Problem description: Keeping every character intact, repeat the whole listing.
(Input records begins)
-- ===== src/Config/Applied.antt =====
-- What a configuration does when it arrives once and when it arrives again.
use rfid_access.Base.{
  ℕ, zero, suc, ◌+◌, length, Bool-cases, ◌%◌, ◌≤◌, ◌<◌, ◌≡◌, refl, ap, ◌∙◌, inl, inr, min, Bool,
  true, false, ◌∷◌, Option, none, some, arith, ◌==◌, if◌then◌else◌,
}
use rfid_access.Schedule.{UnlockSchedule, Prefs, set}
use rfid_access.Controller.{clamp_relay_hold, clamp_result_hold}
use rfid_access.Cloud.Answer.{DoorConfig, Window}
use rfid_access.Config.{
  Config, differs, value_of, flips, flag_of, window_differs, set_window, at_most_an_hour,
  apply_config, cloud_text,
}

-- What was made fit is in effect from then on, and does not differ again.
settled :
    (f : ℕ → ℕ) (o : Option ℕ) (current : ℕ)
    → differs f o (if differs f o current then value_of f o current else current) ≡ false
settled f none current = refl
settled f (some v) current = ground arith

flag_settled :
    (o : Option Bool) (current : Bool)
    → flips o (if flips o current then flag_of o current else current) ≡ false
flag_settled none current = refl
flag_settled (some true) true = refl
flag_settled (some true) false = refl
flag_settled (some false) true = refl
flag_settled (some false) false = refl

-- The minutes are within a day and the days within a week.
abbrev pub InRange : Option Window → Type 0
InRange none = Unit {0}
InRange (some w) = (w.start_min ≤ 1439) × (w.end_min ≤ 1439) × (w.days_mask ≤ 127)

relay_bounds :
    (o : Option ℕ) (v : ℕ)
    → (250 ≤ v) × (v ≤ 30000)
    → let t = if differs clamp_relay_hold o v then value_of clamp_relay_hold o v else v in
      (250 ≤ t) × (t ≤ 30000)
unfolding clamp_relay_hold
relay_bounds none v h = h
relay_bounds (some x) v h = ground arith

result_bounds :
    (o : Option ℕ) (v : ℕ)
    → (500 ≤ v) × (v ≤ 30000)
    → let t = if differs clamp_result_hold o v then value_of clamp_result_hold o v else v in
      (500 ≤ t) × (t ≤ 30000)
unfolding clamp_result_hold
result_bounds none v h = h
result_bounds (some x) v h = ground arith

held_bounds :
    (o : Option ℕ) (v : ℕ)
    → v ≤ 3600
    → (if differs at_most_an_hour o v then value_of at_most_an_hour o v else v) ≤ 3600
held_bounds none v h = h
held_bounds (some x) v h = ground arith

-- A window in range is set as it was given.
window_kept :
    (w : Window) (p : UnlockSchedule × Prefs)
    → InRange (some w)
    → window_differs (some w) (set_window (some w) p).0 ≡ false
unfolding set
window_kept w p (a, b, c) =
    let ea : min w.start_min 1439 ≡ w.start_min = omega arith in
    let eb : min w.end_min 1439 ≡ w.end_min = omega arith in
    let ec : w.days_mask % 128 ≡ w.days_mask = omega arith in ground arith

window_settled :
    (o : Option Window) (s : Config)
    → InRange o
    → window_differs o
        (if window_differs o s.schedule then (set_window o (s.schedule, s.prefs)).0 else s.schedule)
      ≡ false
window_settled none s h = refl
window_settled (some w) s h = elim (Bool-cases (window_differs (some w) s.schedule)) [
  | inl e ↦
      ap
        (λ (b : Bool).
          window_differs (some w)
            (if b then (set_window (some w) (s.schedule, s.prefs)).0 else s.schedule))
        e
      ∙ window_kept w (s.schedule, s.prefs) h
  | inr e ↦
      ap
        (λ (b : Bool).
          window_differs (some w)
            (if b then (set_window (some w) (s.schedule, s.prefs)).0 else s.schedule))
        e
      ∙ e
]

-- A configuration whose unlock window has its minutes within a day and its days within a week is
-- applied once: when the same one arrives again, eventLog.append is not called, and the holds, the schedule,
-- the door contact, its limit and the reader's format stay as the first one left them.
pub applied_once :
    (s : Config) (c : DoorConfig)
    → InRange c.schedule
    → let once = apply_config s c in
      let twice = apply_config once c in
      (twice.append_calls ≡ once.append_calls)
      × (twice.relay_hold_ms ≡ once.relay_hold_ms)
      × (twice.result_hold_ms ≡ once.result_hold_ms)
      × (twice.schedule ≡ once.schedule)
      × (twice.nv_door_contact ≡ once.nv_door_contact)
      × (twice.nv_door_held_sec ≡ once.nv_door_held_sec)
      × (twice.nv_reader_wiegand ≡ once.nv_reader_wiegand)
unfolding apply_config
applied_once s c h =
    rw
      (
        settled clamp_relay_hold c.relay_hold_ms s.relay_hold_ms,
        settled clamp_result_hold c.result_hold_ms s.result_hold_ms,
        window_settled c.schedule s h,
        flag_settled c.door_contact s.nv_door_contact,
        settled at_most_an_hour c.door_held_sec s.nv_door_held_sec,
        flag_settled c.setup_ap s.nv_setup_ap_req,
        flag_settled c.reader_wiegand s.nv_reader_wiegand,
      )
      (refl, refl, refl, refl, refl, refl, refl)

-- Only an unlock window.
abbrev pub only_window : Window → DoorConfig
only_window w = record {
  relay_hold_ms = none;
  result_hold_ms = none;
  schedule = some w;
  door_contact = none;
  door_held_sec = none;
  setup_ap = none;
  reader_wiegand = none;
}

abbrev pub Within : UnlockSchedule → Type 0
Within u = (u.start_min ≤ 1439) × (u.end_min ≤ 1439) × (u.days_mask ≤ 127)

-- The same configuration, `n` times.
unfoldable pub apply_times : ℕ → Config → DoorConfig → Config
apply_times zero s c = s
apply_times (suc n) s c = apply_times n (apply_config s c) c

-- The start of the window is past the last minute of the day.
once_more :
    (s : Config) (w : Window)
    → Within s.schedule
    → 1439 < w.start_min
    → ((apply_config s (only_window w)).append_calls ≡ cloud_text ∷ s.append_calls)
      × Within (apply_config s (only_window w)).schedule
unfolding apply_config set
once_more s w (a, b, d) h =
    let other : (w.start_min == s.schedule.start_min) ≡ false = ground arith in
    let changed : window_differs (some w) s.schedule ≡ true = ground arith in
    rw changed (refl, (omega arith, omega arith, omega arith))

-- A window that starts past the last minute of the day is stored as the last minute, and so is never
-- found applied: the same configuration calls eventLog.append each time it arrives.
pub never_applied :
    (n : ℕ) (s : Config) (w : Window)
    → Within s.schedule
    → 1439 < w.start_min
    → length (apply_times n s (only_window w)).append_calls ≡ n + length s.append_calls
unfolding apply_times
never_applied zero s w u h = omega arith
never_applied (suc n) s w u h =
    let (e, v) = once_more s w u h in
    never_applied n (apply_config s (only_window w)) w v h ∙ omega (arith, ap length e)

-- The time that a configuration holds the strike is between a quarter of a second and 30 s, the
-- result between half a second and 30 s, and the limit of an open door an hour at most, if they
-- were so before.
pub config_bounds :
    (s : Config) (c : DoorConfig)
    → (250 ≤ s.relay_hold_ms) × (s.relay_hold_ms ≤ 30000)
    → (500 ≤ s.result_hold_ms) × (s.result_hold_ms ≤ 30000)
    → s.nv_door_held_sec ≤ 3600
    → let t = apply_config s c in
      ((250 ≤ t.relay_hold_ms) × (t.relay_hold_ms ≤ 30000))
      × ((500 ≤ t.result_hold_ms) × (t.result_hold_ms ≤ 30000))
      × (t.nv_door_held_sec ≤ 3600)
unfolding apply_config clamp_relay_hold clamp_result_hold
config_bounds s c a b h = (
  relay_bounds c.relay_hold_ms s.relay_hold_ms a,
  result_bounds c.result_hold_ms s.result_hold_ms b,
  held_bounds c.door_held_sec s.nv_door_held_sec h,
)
(Input records ends)
Response:
-- ===== src/Config/Applied.antt =====
-- What a configuration does when it arrives once and when it arrives again.
use rfid_access.Base.{
  ℕ, zero, suc, ◌+◌, length, Bool-cases, ◌%◌, ◌≤◌, ◌<◌, ◌≡◌, refl, ap, ◌∙◌, inl, inr, min, Bool,
  true, false, ◌∷◌, Option, none, some, arith, ◌==◌, if◌then◌else◌,
}
use rfid_access.Schedule.{UnlockSchedule, Prefs, set}
use rfid_access.Controller.{clamp_relay_hold, clamp_result_hold}
use rfid_access.Cloud.Answer.{DoorConfig, Window}
use rfid_access.Config.{
  Config, differs, value_of, flips, flag_of, window_differs, set_window, at_most_an_hour,
  apply_config, cloud_text,
}

-- What was made fit is in effect from then on, and does not differ again.
settled :
    (f : ℕ → ℕ) (o : Option ℕ) (current : ℕ)
    → differs f o (if differs f o current then value_of f o current else current) ≡ false
settled f none current = refl
settled f (some v) current = ground arith

flag_settled :
    (o : Option Bool) (current : Bool)
    → flips o (if flips o current then flag_of o current else current) ≡ false
flag_settled none current = refl
flag_settled (some true) true = refl
flag_settled (some true) false = refl
flag_settled (some false) true = refl
flag_settled (some false) false = refl

-- The minutes are within a day and the days within a week.
abbrev pub InRange : Option Window → Type 0
InRange none = Unit {0}
InRange (some w) = (w.start_min ≤ 1439) × (w.end_min ≤ 1439) × (w.days_mask ≤ 127)

relay_bounds :
    (o : Option ℕ) (v : ℕ)
    → (250 ≤ v) × (v ≤ 30000)
    → let t = if differs clamp_relay_hold o v then value_of clamp_relay_hold o v else v in
      (250 ≤ t) × (t ≤ 30000)
unfolding clamp_relay_hold
relay_bounds none v h = h
relay_bounds (some x) v h = ground arith

result_bounds :
    (o : Option ℕ) (v : ℕ)
    → (500 ≤ v) × (v ≤ 30000)
    → let t = if differs clamp_result_hold o v then value_of clamp_result_hold o v else v in
      (500 ≤ t) × (t ≤ 30000)
unfolding clamp_result_hold
result_bounds none v h = h
result_bounds (some x) v h = ground arith

held_bounds :
    (o : Option ℕ) (v : ℕ)
    → v ≤ 3600
    → (if differs at_most_an_hour o v then value_of at_most_an_hour o v else v) ≤ 3600
held_bounds none v h = h
held_bounds (some x) v h = ground arith

-- A window in range is set as it was given.
window_kept :
    (w : Window) (p : UnlockSchedule × Prefs)
    → InRange (some w)
    → window_differs (some w) (set_window (some w) p).0 ≡ false
unfolding set
window_kept w p (a, b, c) =
    let ea : min w.start_min 1439 ≡ w.start_min = omega arith in
    let eb : min w.end_min 1439 ≡ w.end_min = omega arith in
    let ec : w.days_mask % 128 ≡ w.days_mask = omega arith in ground arith

window_settled :
    (o : Option Window) (s : Config)
    → InRange o
    → window_differs o
        (if window_differs o s.schedule then (set_window o (s.schedule, s.prefs)).0 else s.schedule)
      ≡ false
window_settled none s h = refl
window_settled (some w) s h = elim (Bool-cases (window_differs (some w) s.schedule)) [
  | inl e ↦
      ap
        (λ (b : Bool).
          window_differs (some w)
            (if b then (set_window (some w) (s.schedule, s.prefs)).0 else s.schedule))
        e
      ∙ window_kept w (s.schedule, s.prefs) h
  | inr e ↦
      ap
        (λ (b : Bool).
          window_differs (some w)
            (if b then (set_window (some w) (s.schedule, s.prefs)).0 else s.schedule))
        e
      ∙ e
]

-- A configuration whose unlock window has its minutes within a day and its days within a week is
-- applied once: when the same one arrives again, eventLog.append is not called, and the holds, the schedule,
-- the door contact, its limit and the reader's format stay as the first one left them.
pub applied_once :
    (s : Config) (c : DoorConfig)
    → InRange c.schedule
    → let once = apply_config s c in
      let twice = apply_config once c in
      (twice.append_calls ≡ once.append_calls)
      × (twice.relay_hold_ms ≡ once.relay_hold_ms)
      × (twice.result_hold_ms ≡ once.result_hold_ms)
      × (twice.schedule ≡ once.schedule)
      × (twice.nv_door_contact ≡ once.nv_door_contact)
      × (twice.nv_door_held_sec ≡ once.nv_door_held_sec)
      × (twice.nv_reader_wiegand ≡ once.nv_reader_wiegand)
unfolding apply_config
applied_once s c h =
    rw
      (
        settled clamp_relay_hold c.relay_hold_ms s.relay_hold_ms,
        settled clamp_result_hold c.result_hold_ms s.result_hold_ms,
        window_settled c.schedule s h,
        flag_settled c.door_contact s.nv_door_contact,
        settled at_most_an_hour c.door_held_sec s.nv_door_held_sec,
        flag_settled c.setup_ap s.nv_setup_ap_req,
        flag_settled c.reader_wiegand s.nv_reader_wiegand,
      )
      (refl, refl, refl, refl, refl, refl, refl)

-- Only an unlock window.
abbrev pub only_window : Window → DoorConfig
only_window w = record {
  relay_hold_ms = none;
  result_hold_ms = none;
  schedule = some w;
  door_contact = none;
  door_held_sec = none;
  setup_ap = none;
  reader_wiegand = none;
}

abbrev pub Within : UnlockSchedule → Type 0
Within u = (u.start_min ≤ 1439) × (u.end_min ≤ 1439) × (u.days_mask ≤ 127)

-- The same configuration, `n` times.
unfoldable pub apply_times : ℕ → Config → DoorConfig → Config
apply_times zero s c = s
apply_times (suc n) s c = apply_times n (apply_config s c) c

-- The start of the window is past the last minute of the day.
once_more :
    (s : Config) (w : Window)
    → Within s.schedule
    → 1439 < w.start_min
    → ((apply_config s (only_window w)).append_calls ≡ cloud_text ∷ s.append_calls)
      × Within (apply_config s (only_window w)).schedule
unfolding apply_config set
once_more s w (a, b, d) h =
    let other : (w.start_min == s.schedule.start_min) ≡ false = ground arith in
    let changed : window_differs (some w) s.schedule ≡ true = ground arith in
    rw changed (refl, (omega arith, omega arith, omega arith))

-- A window that starts past the last minute of the day is stored as the last minute, and so is never
-- found applied: the same configuration calls eventLog.append each time it arrives.
pub never_applied :
    (n : ℕ) (s : Config) (w : Window)
    → Within s.schedule
    → 1439 < w.start_min
    → length (apply_times n s (only_window w)).append_calls ≡ n + length s.append_calls
unfolding apply_times
never_applied zero s w u h = omega arith
never_applied (suc n) s w u h =
    let (e, v) = once_more s w u h in
    never_applied n (apply_config s (only_window w)) w v h ∙ omega (arith, ap length e)

-- The time that a configuration holds the strike is between a quarter of a second and 30 s, the
-- result between half a second and 30 s, and the limit of an open door an hour at most, if they
-- were so before.
pub config_bounds :
    (s : Config) (c : DoorConfig)
    → (250 ≤ s.relay_hold_ms) × (s.relay_hold_ms ≤ 30000)
    → (500 ≤ s.result_hold_ms) × (s.result_hold_ms ≤ 30000)
    → s.nv_door_held_sec ≤ 3600
    → let t = apply_config s c in
      ((250 ≤ t.relay_hold_ms) × (t.relay_hold_ms ≤ 30000))
      × ((500 ≤ t.result_hold_ms) × (t.result_hold_ms ≤ 30000))
      × (t.nv_door_held_sec ≤ 3600)
unfolding apply_config clamp_relay_hold clamp_result_hold
config_bounds s c a b h = (
  relay_bounds c.relay_hold_ms s.relay_hold_ms a,
  result_bounds c.result_hold_ms s.result_hold_ms b,
  held_bounds c.door_held_sec s.nv_door_held_sec h,
)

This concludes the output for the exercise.